When sight begins to falter…

I’ve been having sudden flashes of “light” at the periphery of my vision; as I’d received a warning from my opthalmologist, in 2012, to go to him if ever it happened, I went immediately.

Yes, there has been retinal detachment in my right eye, but luckiy, it’s not accompanied by a tear, so it does not require surgery. However, there are developing cataracts in both eyes (a very slow growth process, though) and I have been advised a surgical procedure to dissolve and remove them.

I have been noticing just a slight lessening in the clarity of my vision over the past year, and difficulty in low-light situations.

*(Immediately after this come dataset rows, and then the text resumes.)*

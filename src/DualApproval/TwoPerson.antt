-- ===== src/DualApproval/TwoPerson.antt =====
-- No request is opened on the word of one person.
use cerradura_magnetica.Prelude.{
  ℕ, ◌≤◌, ◌<◌, ◌≡◌, ◌≢◌, ◌⊎◌, refl, ap, Bool, true, false, String, List, ◌∷◌, Option, none, some,
  arith, ◌==◌, ok, err, All, All-update_rows_to, All_zip, map, update_rows, select, row_count,
  row_count-update_rows_same,
}
use cerradura_magnetica.Models.Gateway.{
  DoorOpenRequest, RequestStatus, dispatched, executed, failed, GatewayCommand,
}
use cerradura_magnetica.Access.{listed}
use cerradura_magnetica.DualApproval.{
  Requests, create_request, still_pending, claim_for_approval, mark_failed, reject, forget_user,
}
use cerradura_magnetica.Effects.{Effects, finalize_dual_approval}

-- The statuses that only an approval leads to.
abbrev pub is_approved : RequestStatus → Bool
is_approved dispatched = true
is_approved executed = true
is_approved failed = true
is_approved _ = false

-- The user approved the request, and the row says so unless the user is gone.
abbrev pub Approves : List ℕ → DoorOpenRequest → ℕ → Type 0
Approves gone r a =
    ((r.approved_by_id ≡ some a) ⊎ ((r.approved_by_id ≡ none) × (listed gone a ≡ true)))
    × (r.requested_by_id ≢ some a)

-- An approved request has an approver, and the approver is not the requester.
pub record IsTwoPerson (gone : List ℕ) (r : DoorOpenRequest) : Type 0 where
  pub approver : is_approved r.status ≡ true → (a : ℕ) × Approves gone r a
  pub distinct : (a : ℕ) → r.approved_by_id ≡ some a → r.requested_by_id ≢ some a

-- The table of requests, the users that were deleted, and the requests whose approval some call has won.
pub record World : Type 0 where
  pub db : Requests
  pub gone : List ℕ
  pub claims : List ℕ

abbrev pub with_rows : World → List DoorOpenRequest → World
with_rows w rows = record w { db = record w.db { rows = rows } }

-- A copy of a request that a caller has loaded: whatever else has changed since, the requester has
-- not, unless that user was deleted.
abbrev pub IsCopy : DoorOpenRequest → DoorOpenRequest → Type 0
IsCopy request r =
    r.id ≡ request.id → (r.requested_by_id ≡ request.requested_by_id) ⊎ (r.requested_by_id ≡ none)

-- The world after a call of claim_for_approval.
abbrev pub claimed : World → DoorOpenRequest → ℕ → RequestStatus → ℕ → World
claimed w request approver_id target now =
    let (rows, result) = claim_for_approval w.db.rows request approver_id target now in
    record (with_rows w rows) {
      claims = elim result [ ok _ ↦ request.id ∷ w.claims | err _ ↦ w.claims ];
    }

-- The requests after the bridge's report on a command, beside whatever controllers and log.
abbrev pub reported : World → Effects → GatewayCommand → ℕ → Bool → ℕ → List DoorOpenRequest
reported w fx c id success now =
    (finalize_dual_approval (record fx { requests = w.db.rows }) c id success now).requests

-- Every change that the program makes to the table of requests: creation, the three endings of an
-- approval call, rejection, the failure of the command of a caller that has won its claim, the
-- bridge's report, the deletion of a user, and the deletion of requests with their door.
pub data Step : World → World → Type 0 where
  creates :
      (w : World) (seen : List DoorOpenRequest) (org door controller user : ℕ)
      (reason : Option String) (ttl now : ℕ) (made : Requests × DoorOpenRequest)
      → create_request seen w.db org door controller user reason ttl now ≡ ok made
      → Step w (record w { db = made.0 })
  approves :
      (w : World) (request : DoorOpenRequest) (approver_id : ℕ) (target : RequestStatus) (now : ℕ)
      → All (IsCopy request) w.db.rows
      → is_approved target ≡ true
      → Step w (claimed w request approver_id target now)
  rejects :
      (w : World) (request : DoorOpenRequest) (now : ℕ)
      → Step w (with_rows w (reject w.db.rows request now).0)
  fails :
      (w : World) (request : DoorOpenRequest)
      → listed w.claims request.id ≡ true
      → Step w (with_rows w (mark_failed w.db.rows request))
  reports :
      (w : World) (fx : Effects) (c : GatewayCommand) (id : ℕ) (success : Bool) (now : ℕ)
      → Step w (with_rows w (reported w fx c id success now))
  forgets :
      (w : World) (user : ℕ)
      → Step w (record (with_rows w (map (forget_user user) w.db.rows)) { gone = user ∷ w.gone })
  removes :
      (w : World) (stays : DoorOpenRequest → Bool) → Step w (with_rows w (select stays w.db.rows))

pub data Reach (start : World) : World → Type 0 where
  here : Reach start start
  next : {w w' : World} → Reach start w → Step w w' → Reach start w'

abbrev pub has_id : ℕ → DoorOpenRequest → Bool
has_id i r = r.id == i

abbrev pub IsClaimKept : List ℕ → DoorOpenRequest → Type 0
IsClaimKept claims r = listed claims r.id ≡ true → is_approved r.status ≡ true

-- What every reachable world keeps: the two persons, and beside them that an identifier is a key,
-- drawn in order, and that a request whose approval was won is approved.
pub record IsKept (w : World) : Type 0 where
  pub two : All (IsTwoPerson w.gone) w.db.rows
  pub keyed : (i : ℕ) → row_count (has_id i) w.db.rows ≤ 1
  pub fresh : All (λ r. r.id < w.db.next_id) w.db.rows
  pub kept : All (IsClaimKept w.claims) w.db.rows
  pub used : (i : ℕ) → listed w.claims i ≡ true → i < w.db.next_id

-- An UPDATE of the rows under `q`, which leaves the identifiers. `F` is known of every row.
pub updated-IsKept :
    (w : World) (q : DoorOpenRequest → Bool) (f : DoorOpenRequest → DoorOpenRequest)
    (F : DoorOpenRequest → Type 0)
    → ((r : DoorOpenRequest) → (f r).id ≡ r.id)
    → ((r : DoorOpenRequest) → q r ≡ true → F r → IsTwoPerson w.gone r → IsTwoPerson w.gone (f r))
    → ((r : DoorOpenRequest)
        → q r ≡ true
        → F r
        → IsClaimKept w.claims r
        → IsClaimKept w.claims (f r))
    → All F w.db.rows
    → IsKept w
    → IsKept (with_rows w (update_rows q f w.db.rows))
updated-IsKept w q f F same two kept known h = record {
  two =
      All-update_rows_to (λ r. F r × IsTwoPerson w.gone r) (IsTwoPerson w.gone) q f w.db.rows
        (λ r hit k. two r hit k.0 k.1) (λ r miss k. k.1)
        (All_zip F (IsTwoPerson w.gone) w.db.rows known h.two);
  keyed = λ i.
      let one = h.keyed i in
      omega (
        arith,
        one,
        row_count-update_rows_same (has_id i) q f w.db.rows (λ r. ap (λ n. n == i) (same r)),
      );
  fresh =
      All-update_rows_to (λ r. r.id < w.db.next_id) (λ r. r.id < w.db.next_id) q f w.db.rows
        (λ r hit k. omega (arith, k, same r)) (λ r miss k. k) h.fresh;
  kept =
      All-update_rows_to (λ r. F r × IsClaimKept w.claims r) (IsClaimKept w.claims) q f w.db.rows
        (λ r hit k. kept r hit k.0 k.1) (λ r miss k. k.1)
        (All_zip F (IsClaimKept w.claims) w.db.rows known h.kept);
  used = h.used;
}

-- A row that is approved when it is settled anew.
pub resolved_row :
    (gone : List ℕ) (s : RequestStatus) (t : Option ℕ) (r : DoorOpenRequest)
    → is_approved r.status ≡ true
    → IsTwoPerson gone r
    → IsTwoPerson gone (record r { status = s; resolved_at = t })
resolved_row gone s t r e two = record { approver = λ _. two.approver e; distinct = two.distinct }

-- A pending row that is closed without an approval.
pub closed_row :
    (gone : List ℕ) (s : RequestStatus) (t : Option ℕ) (r : DoorOpenRequest)
    → is_approved s ≡ false
    → IsTwoPerson gone r
    → IsTwoPerson gone (record r { status = s; resolved_at = t })
closed_row gone s t r e two = record { approver = λ h. cc; distinct = two.distinct }

pub pending_unclaimed :
    (id : ℕ) (claims : List ℕ) (r : DoorOpenRequest) (s : RequestStatus)
    → still_pending id r ≡ true
    → IsClaimKept claims r
    → listed claims r.id ≡ true
    → is_approved s ≡ true
pending_unclaimed id claims r s hit k l =
    let on : is_approved r.status ≡ true = k l in absurd (ground (arith, hit, on))

-- Rows under a test that only pending rows meet are closed without an approval.
pub closed-IsKept :
    (w : World) (id now : ℕ) (s : RequestStatus)
    → is_approved s ≡ false
    → IsKept w
    → IsKept (
        with_rows w (
          update_rows
            (still_pending id)
            (λ r. record r { status = s; resolved_at = some now })
            w.db.rows))
closed-IsKept w id now s e h =
    updated-IsKept w (still_pending id) (λ r. record r { status = s; resolved_at = some now })
      (IsTwoPerson w.gone) (λ r. refl) (λ r hit _ two. closed_row w.gone s (some now) r e two)
      (λ r hit _ k l. pending_unclaimed id w.claims r s hit k l) h.two h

I am now getting my insurance papers in order (quite a long and daunting task in India!) and seeing if I am eligible to claim insurance for this procedure. But meanwhile, I was pondering on how life might be if, instead, I had been told that I had a progressive condition that would lead to my blindness.

The

cortical homunculus

shows the amount of information about the world that we derive from our various senses, and parts of the body…the eye, and sight, play a major part in our sensory inputs.

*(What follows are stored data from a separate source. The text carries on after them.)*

-- ===== src/DualApproval/Claims.antt =====
-- What an approval, a failed command and a report of the bridge keep of the rule of two persons.
use cerradura_magnetica.Prelude.{
  ℕ, ◌<◌, ◌≡◌, ◌≢◌, ◌⊎◌, refl, sym, subst, ap, ◌∙◌, Bool, true, false, List, ◌∷◌, Option, none,
  some, arith, leb, ◌==◌, ==_iff, holds, All, All-update_rows_to, All-imp, All_zip, update_rows,
  find_row, row_count, find_row-only, row_count-some, row_count-only, Bool-cases, Option-cases, inl,
  inr,
}
use cerradura_magnetica.Models.Gateway.{
  DoorOpenRequest, RequestStatus, executed, expired, failed, is_pending, is_dispatched,
  GatewayCommand,
}
use cerradura_magnetica.Access.{listed}
use cerradura_magnetica.DualApproval.{claimable, approve_row, claim_for_approval, mark_failed}
use cerradura_magnetica.Effects.{Effects, finalize_dual_approval}
use cerradura_magnetica.DualApproval.TwoPerson.{
  is_approved, IsTwoPerson, World, with_rows, reported, IsCopy, claimed, has_id, IsClaimKept,
  IsKept, updated-IsKept, resolved_row, closed-IsKept,
}

-- The rows of one request are approved when its claim was won.
resolved-IsKept :
    (w : World) (id : ℕ) (s : RequestStatus) (t : DoorOpenRequest → Option ℕ)
    → is_approved s ≡ true
    → All (λ r. has_id id r ≡ true → is_approved r.status ≡ true) w.db.rows
    → IsKept w
    → IsKept (
        with_rows w
          (update_rows (has_id id) (λ r. record r { status = s; resolved_at = t r }) w.db.rows))
resolved-IsKept w id s t e approved h =
    updated-IsKept w (has_id id) (λ r. record r { status = s; resolved_at = t r })
      (λ r. has_id id r ≡ true → is_approved r.status ≡ true) (λ r. refl)
      (λ r hit known two. resolved_row w.gone s (t r) r (known hit) two) (λ r hit known k l. e)
      approved h

pub fails-IsKept :
    (w : World) (request : DoorOpenRequest)
    → listed w.claims request.id ≡ true
    → IsKept w
    → IsKept (with_rows w (mark_failed w.db.rows request))
unfolding mark_failed
fails-IsKept w request won h =
    resolved-IsKept w request.id failed (λ r. r.resolved_at) refl
      (All-imp (IsClaimKept w.claims) _ w.db.rows
        (λ r k hit.
          k (subst (λ n. listed w.claims n ≡ true) (sym ((==_iff r.id request.id).0 hit)) won))
        h.kept)
      h

dispatched_approved : (s : RequestStatus) → is_dispatched s ≡ true → is_approved s ≡ true
dispatched_approved s h = ground arith

pub reports-IsKept :
    (w : World) (fx : Effects) (c : GatewayCommand) (id : ℕ) (success : Bool) (now : ℕ)
    → IsKept w
    → IsKept (with_rows w (reported w fx c id success now))
unfolding finalize_dual_approval
reports-IsKept w fx c id success now h = elim (Option-cases (find_row (has_id id) w.db.rows)) [
  | inl absent ↦ rw (absent, reported, finalize_dual_approval) h
  | inr (req, found) ↦ elim (Bool-cases (is_dispatched req.status)) [
    | inr settled ↦ rw (found, reported, finalize_dual_approval, settled) h
    | inl waits ↦
        let approved : All (λ r. has_id id r ≡ true → is_approved r.status ≡ true) w.db.rows =
          All-imp (λ r. has_id id r ≡ true → r ≡ req) _ w.db.rows
            (λ r only hit.
              ap (λ (x : DoorOpenRequest). is_approved x.status) (only hit)
              ∙ dispatched_approved req.status waits)
            (find_row-only (has_id id) w.db.rows (h.keyed id) found) in
        let kept = λ (s : RequestStatus) (e : is_approved s ≡ true).
          resolved-IsKept w id s (λ _. some now) e approved h in
        elim (Bool-cases success) [
          | inl good ↦
              rw (found, reported, finalize_dual_approval, waits, good) (kept executed refl)
          | inr bad ↦ rw (found, reported, finalize_dual_approval, waits, bad) (kept failed refl)
        ]
  ]
]

elsewhere :
    (a i : ℕ) (claims : List ℕ)
    → (i == a) ≡ false
    → listed (a ∷ claims) i ≡ true
    → listed claims i ≡ true
elsewhere a i claims h l = ground (arith, h, l)

-- The claim is either won, and then every row of the request is approved by it, or it leaves the rows of
-- the requests that were won before.
won-IsClaimKept :
    (w : World) (request : DoorOpenRequest) (approver_id now : ℕ) (target : RequestStatus)
    → is_approved target ≡ true
    → All (λ r. has_id request.id r ≡ true → claimable request.id now r ≡ true) w.db.rows
    → IsKept w
    → All
        (IsClaimKept (request.id ∷ w.claims))
        (update_rows (claimable request.id now) (approve_row approver_id target now) w.db.rows)
won-IsClaimKept w request approver_id now target e met h =
    All-update_rows_to
      (λ r.
        (has_id request.id r ≡ true → claimable request.id now r ≡ true) × IsClaimKept w.claims r)
      (IsClaimKept (request.id ∷ w.claims)) (claimable request.id now)
      (approve_row approver_id target now) w.db.rows (λ r hit k l. e)
      (λ r miss k l. elim (Bool-cases (has_id request.id r)) [
        | inl own ↦ let hit = k.0 own in let clash : false ≡ true = rw miss at hit in cc
        | inr other ↦
            let less : listed w.claims r.id ≡ true = elsewhere request.id r.id w.claims other l in
            k.1 less
      ])
      (All_zip _ (IsClaimKept w.claims) w.db.rows met h.kept)

not_requester :
    (o o' : Option ℕ) (a : ℕ) → holds o (λ u. u == a) ≡ false → (o' ≡ o) ⊎ (o' ≡ none) → o' ≢ some a
not_requester o o' a h (inr gone) e = cc
not_requester none o' a h (inl same) e = cc
not_requester (some u) o' a h (inl same) e = let equal : u ≡ a = cc in ground (arith, h, equal)

approved_row :
    (gone : List ℕ) (request r : DoorOpenRequest) (approver_id now : ℕ) (target : RequestStatus)
    → holds request.requested_by_id (λ u. u == approver_id) ≡ false
    → claimable request.id now r ≡ true
    → IsCopy request r
    → IsTwoPerson gone (approve_row approver_id target now r)
approved_row gone request r approver_id now target other hit copy =
    let same : r.id ≡ request.id = ground (arith, hit) in
    let two =
      not_requester request.requested_by_id r.requested_by_id approver_id other (copy same) in
    record {
      approver = λ _. (approver_id, (inl refl, two));
      distinct = λ a e f. let equal : approver_id ≡ a = cc in two (f ∙ ap some (sym equal));
    }

pub claimed-IsKept :
    (w : World) (request : DoorOpenRequest) (approver_id : ℕ) (target : RequestStatus) (now : ℕ)
    → All (IsCopy request) w.db.rows
    → is_approved target ≡ true
    → IsKept w
    → IsKept (claimed w request approver_id target now)
unfolding claim_for_approval
claimed-IsKept w request approver_id target now copies e h =
    elim (Bool-cases (holds request.requested_by_id (λ u. u == approver_id))) [
      | inl self ↦ rw (claimed, claim_for_approval, self) h
      | inr other ↦ elim (Bool-cases (is_pending request.status)) [
        | inr settled ↦ rw (claimed, claim_for_approval, other, settled) h
        | inl open' ↦ elim (Bool-cases (leb request.expires_at now)) [
          | inl late ↦
              rw (claimed, claim_for_approval, other, open', late)
                (closed-IsKept w request.id now expired refl h)
          | inr timely ↦
              let lost =
                updated-IsKept w (claimable request.id now) (approve_row approver_id target now)
                  (IsCopy request) (λ r. refl)
                  (λ r hit copy _.
                    approved_row w.gone request r approver_id now target other hit copy)
                  (λ r hit _ k l. e) copies h in
              elim (Bool-cases (row_count (claimable request.id now) w.db.rows == 1)) [
                | inr beaten ↦ rw (claimed, claim_for_approval, other, open', timely, beaten) lost
                | inl won ↦
                    let once = (==_iff (row_count (claimable request.id now) w.db.rows) 1).0 won in
                    let met =
                      row_count-only (has_id request.id) (claimable request.id now) w.db.rows
                        (λ r hit. ground (arith, hit)) (h.keyed request.id) once in
                    let (row, hit, known) =
                      row_count-some (claimable request.id now) (λ r. r.id < w.db.next_id) w.db.rows
                        once h.fresh in
                    rw (claimed, claim_for_approval, other, open', timely, won)
                      (record {
                        two = lost.two;
                        keyed = lost.keyed;
                        fresh = lost.fresh;
                        kept = won-IsClaimKept w request approver_id now target e met h;
                        used = λ i l. elim (Bool-cases (i == request.id)) [
                          | inl own ↦
                              let named : row.id ≡ request.id = ground (arith, hit) in
                              let equal = (==_iff i request.id).0 own in
                              omega (arith, known, named, equal)
                          | inr away ↦ h.used i (elsewhere request.id i w.claims away l)
                        ];
                      })
              ]
        ]
      ]
    ]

I remember, while doing a training program for teaching blind and low-vision people, having an Orientation and Mobility session where we were blindfolded and asked to reach the main road, from the venue (Ramana Maharishi Academy for the Blind) where the training program was being held. The main road! Most of us couldn’t even make it down the stairs to the ground floor from our classroom, without falling several times, and suffering deep trauma about our ability to manage, and getting quite disoriented.

Everyone glibly claims that “those who are deprived of sight develop the other senses to a remarkable degree” but surely this cannot be true of every single person who loses sight…so I wonder how the world, and life, would change without the magic of sight. I am able to shrug my very slight discomfort off…but what must it be like for a person who knows that s/he will lose the ability to see?

It makes me grateful, all over again, for the wonderful gift of having a body and mind which are “normal” and do not need constant care. My thoughts go out to those who have to get along without one (or more) of their senses.